This is a bit of a head scratcher. Any ‘out there’ theories appreciated.
For various reasons, we have migrated our production app to and from Galaxy twice over the past 12 months. And without fail, we get the below warning from Mongo Atlas when we are running on Galaxy. The same exact code on AWS directly does not trigger this.
OPEN
Query Targeting: Scanned Objects / Returned has gone above 1500
app-shard-00-00-p6urt.mongodb.net:27017
Created: 2019/09/12 18:08 AWST
Replica Set: app-shard-0
Type: Primary
Current Value: 2,927.4
The spikes (and related alerts) happen throughout the day, opening and closing 3-4 times per hour, during the business day. Some notes:
This is 100% related to being on Galaxy. After two migrations back and forth, there is no doubt about this
I had, at the start, thought it might be an oplog issue. But we can rule that out now as we migrated to Redis Oplog a couple of months back (or do we need to explicitly ‘switch’ something off on Mongo?)
I have spoke to the Atlas team at length and between all those chats, hours spent trying to decipher Mongo logs and going through every single db query in our codebase, I genuinely do not think this is the result of an unindexed query. The Galaxy vs AWS difference further makes me think this is something to do with Galaxy vs anything else.
The latest migration to Galaxy happened a couple of hours back (and immediately we started getting these alerts).
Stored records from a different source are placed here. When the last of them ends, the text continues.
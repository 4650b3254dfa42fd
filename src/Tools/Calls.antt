-- ===== src/Tools/Calls.antt =====
-- The calls of the tools in internal/usecase/gm.go: their arguments, what they answer, and the state that they act on. The
-- tools are taken to be wired. The JSON library is a parameter, and a number of an argument is the integer that `int`
-- makes of it.
pub mod Scenes
pub mod People
pub mod Dispatch
pub mod Directives
pub mod Kept
pub mod Agree
pub mod Clears
use narrative_ai_agent.Prelude.{
  ℕ, ◌-◌, ◌==◌, ltb, Bool, true, false, not, ◌&&◌, ◌||◌, Option, none, some, List, [], ◌∷◌, ◌++◌,
  if◌then◌else◌, keep, map, is_nil, Result, ok, err,
}
use narrative_ai_agent.Prelude.Int.{ℤ, pos, eqb_ℤ}
use narrative_ai_agent.Prelude.Text.{Text, lit, is_empty, trim_space, text_eq, atoi_or_nearest}
use narrative_ai_agent.Prelude.Find.{split_on}
use narrative_ai_agent.Staging.Days.{StagingFile}
use narrative_ai_agent.Inventory.{Item}
use narrative_ai_agent.WorldRegistry.{Entry}
use narrative_ai_agent.Repositories.{Store, StateSnapshot, Info, Action, Error, invalidate, update}
use narrative_ai_agent.Session.{SessionContext, start}
use narrative_ai_agent.Tools.Archive.{Hooks, archive_chronicle_day}
use narrative_ai_agent.Tools.Stage.{apply_pending_stage_tool}
use narrative_ai_agent.Tools.State.{StateUpdate, update_state}
use narrative_ai_agent.Tools.World.{leave, LeaveResult}
use narrative_ai_agent.Tools.Scene.{EndSceneResult, end_scene, rotate_plan}
use narrative_ai_agent.Tools.Npc.{
  NpcError, NpcFiles, NewProfile, SearchResult, create_npc, update_npc, search,
}
use narrative_ai_agent.Tools.Character.{
  CharacterError, CharacterFiles, Call, append_soul_tool, append_skill_tool, append_memory_tool,
  append_inventory_item, remove_inventory_item, set_currency_tool, remove_currency_tool,
}
use narrative_ai_agent.Tools.Maintain.{
  Maintenance, MaintainError, maintain_lore, maintain_npcs, maintain_character_memory,
}

-- A value of an argument, as `json.Unmarshal` gives it. An element of an array that is no text is `none`.
pub data Value : Type 0 where
  text_value : Text → Value
  int_value : ℤ → Value
  bool_value : Bool → Value
  array_value : List (Option Text) → Value
  other_value : Value

abbrev pub Fields : Type 0
Fields = List (Text × Value)

unfoldable pub field : Text → Fields → Value
unfolding text_eq
field key [] = other_value
field key ((k, v) ∷ args) = let later = field key args in if text_eq k key then v else later

abbrev pub to_text : Value → Text
to_text (text_value t) = t
to_text _ = []

unfoldable pub to_int : Value → ℤ
unfolding atoi_or_nearest
to_int (int_value n) = n
to_int (text_value t) = atoi_or_nearest t
to_int _ = pos 0

abbrev pub to_bool : Value → Bool
to_bool (bool_value b) = b
to_bool _ = false

abbrev texts_of : List (Option Text) → List Text
texts_of [] = []
texts_of (none ∷ ts) = texts_of ts
texts_of (some t ∷ ts) = t ∷ texts_of ts

unfoldable pub to_texts : Value → List Text
to_texts (array_value ts) = texts_of ts
to_texts _ = []

-- Why a call is refused.
pub data Refusal : Type 0 where
  said : Text → Refusal
  of_store : Error → Refusal
  of_npcs : NpcError → Refusal
  of_character : CharacterError → Refusal
  of_maintenance : MaintainError → Refusal

-- The argument of `okJSON`.
pub data Payload : Type 0 where
  plain : Text → Payload
  fields : Fields → Payload

-- The state that the calls act on: the files, the day of `g.stateSnapshot`, the chats that have a conversation, and the
-- turn of the last search of each query.
pub record World : Type 0 where
  pub store : Store
  pub npcs : NpcFiles
  pub characters : CharacterFiles
  pub day : ℤ
  pub chats : List Text
  pub searches : Text → Option ℕ
  pub turn_counter : ℕ
  pub rate_window : ℕ

abbrev pub Do : Type 0 → Type 0
Do A = World → Result Refusal A × World

unfoldable pub done : {A : Type 0} → A → Do A
done a w = (ok a, w)

unfoldable pub refuse : {A : Type 0} → Refusal → Do A
refuse e w = (err e, w)

abbrev pub go_on : {A B : Type 0} → Result Refusal A → (A → Do B) → Do B
go_on (ok a) f w = f a w
go_on (err e) f w = (err e, w)

infixl 5 ◌>>=◌ ◌>>◌
unfoldable pub ◌>>=◌ : {A B : Type 0} → Do A → (A → Do B) → Do B
◌>>=◌ m f w = let (r, w') = m w in go_on r f w'

abbrev pub ◌>>◌ : {A B : Type 0} → Do A → Do B → Do B
m >> k = m >>= λ _. k

-- The call goes on with the result of the first one, an error included.
unfoldable pub attempt : {A B : Type 0} → Do A → (Result Refusal A → Do B) → Do B
attempt m f w = let (r, w') = m w in f r w'

abbrev pub as_refusal : {E A : Type 0} → (E → Refusal) → Result E A → Result Refusal A
as_refusal wrap (ok a) = ok a
as_refusal wrap (err e) = err (wrap e)

unfoldable pub on_store : {A : Type 0} → Action A → Do A
on_store act w = let (r, s) = act w.store in (as_refusal of_store r, record w { store = s })

abbrev pub NpcAction : Type 0 → Type 0
NpcAction A = NpcFiles → Result NpcError A × NpcFiles

unfoldable pub on_npcs : {A : Type 0} → NpcAction A → Do A
on_npcs act w = let (r, s) = act w.npcs in (as_refusal of_npcs r, record w { npcs = s })

unfoldable pub on_characters : {A : Type 0} → Call A → Do A
on_characters act w =
    let (r, s) = act w.characters in (as_refusal of_character r, record w { characters = s })

unfoldable pub needs : Bool → Text → Do (Unit {0})
unfolding done refuse
needs there what = if there then done tt else refuse (said what)

abbrev active_world_in : Result Text Info → Text
active_world_in (ok info) = info.active_world
active_world_in (err e) = []

-- `currentWorldName`.
unfoldable pub current_world : Do Text
current_world w = (ok (active_world_in w.store.info), w)

abbrev pub is_full : Text → Bool
is_full t = not (is_empty t)

-- A map as `okJSON` gets it, with the field that most of them end with.
abbrev pub stable : Fields → Payload
stable fs = fields (fs ++ ((lit "cache", text_value (lit "stable")) ∷ []))

-- What the calls are given from outside.
pub record Backend : Type 0 where
  pub to_lower : ℕ → ℕ
  pub equal_fold : Text → Text → Bool
  pub read_roster : Text → Result Text (List Entry)
  pub write_roster : List Entry → Result Text Text
  pub render : StateSnapshot → Result Text Text
  pub hooks : Hooks
  pub show_int : ℤ → Text
  pub read_staging : Text → Result Text StagingFile
  pub staging_files : Text → Result Text Text
  pub maintenance : Maintenance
This migration happened after an AWS server crash due to something related to the node garbage collector. I do no know if there is a memory leak (to be investigated) and whether this has any bearing at all on these Atlas warnings…
Questions:
Have any of you seen anything similar to this warning before?
Anyone have any theories about what might be causing this? Or ideas about the relationship with where the application is hosted?
I was getting the same alerts from MongoDB Atlas directly, this is something related with queries not running with Indexes. Since everything was using indexes I modified the MongoDB Atlas configuration to only run Indexed queries and everything is working perfectly and the Scanned objects value is always between 1-5.
So everything was using indexes, but you were getting this error anyway? That implies Mongo Atlas is running things inefficiently unless you explicitly ask it to not do that?
It was something very weird, everything was using indexes and still we where getting alerts from MongoDB Atlas. To modify the configuration you go to Edit Configuration :
I am hosting the site out side of Galaxy but been seeing this problem for months.
I have a feeling that it is meteor’s oplog scan that is causing this as local/oplog.rs is the only collection in my MongoDB with over 1k objects (around 1.6 million)
Interesting - my initial suspicions were also oplog related. But I shelved those suspicions after moving to redis-oplog.
Question to anyone more experienced, do mongo oplog queries occur even if redis oplog is being utilised?
@drew - I don’t use easy search but do use fuse.js. Unless I have messed things up though, the search queries should all be using only indexed queries…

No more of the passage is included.